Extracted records

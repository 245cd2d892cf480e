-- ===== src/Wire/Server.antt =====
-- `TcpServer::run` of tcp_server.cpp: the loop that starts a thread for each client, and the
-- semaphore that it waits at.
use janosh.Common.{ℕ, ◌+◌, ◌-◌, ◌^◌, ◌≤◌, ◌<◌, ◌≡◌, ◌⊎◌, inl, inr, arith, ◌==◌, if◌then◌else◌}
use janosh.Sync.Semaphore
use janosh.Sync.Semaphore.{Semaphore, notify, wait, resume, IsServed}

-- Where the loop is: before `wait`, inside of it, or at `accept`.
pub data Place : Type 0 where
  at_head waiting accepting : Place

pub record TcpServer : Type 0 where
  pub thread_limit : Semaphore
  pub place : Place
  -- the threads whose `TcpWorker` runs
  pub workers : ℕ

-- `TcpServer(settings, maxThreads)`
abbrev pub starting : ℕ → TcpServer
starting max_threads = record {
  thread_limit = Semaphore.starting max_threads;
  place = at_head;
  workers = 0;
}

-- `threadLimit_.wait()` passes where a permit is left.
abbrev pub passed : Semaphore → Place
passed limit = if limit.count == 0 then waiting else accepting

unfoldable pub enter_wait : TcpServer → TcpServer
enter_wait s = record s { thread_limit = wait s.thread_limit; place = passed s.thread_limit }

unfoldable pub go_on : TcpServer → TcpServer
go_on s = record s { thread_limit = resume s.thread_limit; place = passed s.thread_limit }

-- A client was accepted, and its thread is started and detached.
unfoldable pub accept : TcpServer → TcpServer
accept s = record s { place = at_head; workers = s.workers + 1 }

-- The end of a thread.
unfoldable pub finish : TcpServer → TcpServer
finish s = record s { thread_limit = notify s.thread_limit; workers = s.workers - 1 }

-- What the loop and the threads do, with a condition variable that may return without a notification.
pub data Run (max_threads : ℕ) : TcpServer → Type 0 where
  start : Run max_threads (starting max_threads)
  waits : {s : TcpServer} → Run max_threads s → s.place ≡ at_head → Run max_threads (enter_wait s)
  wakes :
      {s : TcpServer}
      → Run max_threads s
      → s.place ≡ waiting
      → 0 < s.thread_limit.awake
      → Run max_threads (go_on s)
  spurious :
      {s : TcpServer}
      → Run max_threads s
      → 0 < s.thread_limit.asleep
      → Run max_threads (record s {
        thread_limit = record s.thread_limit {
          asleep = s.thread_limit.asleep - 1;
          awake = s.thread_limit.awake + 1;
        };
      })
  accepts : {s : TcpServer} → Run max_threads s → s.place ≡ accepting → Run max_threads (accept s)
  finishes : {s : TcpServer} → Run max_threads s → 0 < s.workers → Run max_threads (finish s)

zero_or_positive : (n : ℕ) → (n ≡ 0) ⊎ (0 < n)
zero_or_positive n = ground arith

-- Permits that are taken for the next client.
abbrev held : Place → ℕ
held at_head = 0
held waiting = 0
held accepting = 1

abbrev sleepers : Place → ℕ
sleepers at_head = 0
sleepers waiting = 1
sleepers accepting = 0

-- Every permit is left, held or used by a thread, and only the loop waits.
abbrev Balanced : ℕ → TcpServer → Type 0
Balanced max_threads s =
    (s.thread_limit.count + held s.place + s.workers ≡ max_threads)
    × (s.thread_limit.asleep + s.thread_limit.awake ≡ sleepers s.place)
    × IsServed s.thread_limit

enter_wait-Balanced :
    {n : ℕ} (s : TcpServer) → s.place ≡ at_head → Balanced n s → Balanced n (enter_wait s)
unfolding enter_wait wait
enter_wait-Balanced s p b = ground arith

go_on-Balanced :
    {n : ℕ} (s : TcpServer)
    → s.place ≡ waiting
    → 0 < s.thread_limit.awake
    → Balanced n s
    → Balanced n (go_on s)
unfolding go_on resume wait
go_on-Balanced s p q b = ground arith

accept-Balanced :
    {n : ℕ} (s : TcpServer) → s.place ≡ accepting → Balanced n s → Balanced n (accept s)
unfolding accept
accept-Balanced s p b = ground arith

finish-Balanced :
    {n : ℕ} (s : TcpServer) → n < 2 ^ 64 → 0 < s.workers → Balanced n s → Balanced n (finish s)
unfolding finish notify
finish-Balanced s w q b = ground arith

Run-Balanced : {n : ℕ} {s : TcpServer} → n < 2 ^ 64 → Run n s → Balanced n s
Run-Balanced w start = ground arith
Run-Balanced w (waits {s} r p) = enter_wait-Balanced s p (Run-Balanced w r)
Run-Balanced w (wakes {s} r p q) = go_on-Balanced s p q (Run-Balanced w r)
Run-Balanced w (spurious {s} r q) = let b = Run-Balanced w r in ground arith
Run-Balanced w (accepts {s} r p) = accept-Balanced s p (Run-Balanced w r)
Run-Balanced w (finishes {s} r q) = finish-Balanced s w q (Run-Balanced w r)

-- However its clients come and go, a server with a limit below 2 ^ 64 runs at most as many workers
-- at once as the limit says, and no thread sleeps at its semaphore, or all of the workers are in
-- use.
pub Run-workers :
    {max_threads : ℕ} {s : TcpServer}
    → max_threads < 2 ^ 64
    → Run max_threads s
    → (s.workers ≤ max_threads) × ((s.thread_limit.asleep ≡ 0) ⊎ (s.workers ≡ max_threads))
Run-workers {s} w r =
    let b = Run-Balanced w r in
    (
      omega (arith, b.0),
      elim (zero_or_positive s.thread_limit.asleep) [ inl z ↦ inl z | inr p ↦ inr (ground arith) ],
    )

What the task asks: Among the lines above, which ones include the word "sleepers"? Copy them.

Solution to this problem:
abbrev sleepers : Place → ℕ
sleepers at_head = 0
sleepers waiting = 1
sleepers accepting = 0
    × (s.thread_limit.asleep + s.thread_limit.awake ≡ sleepers s.place)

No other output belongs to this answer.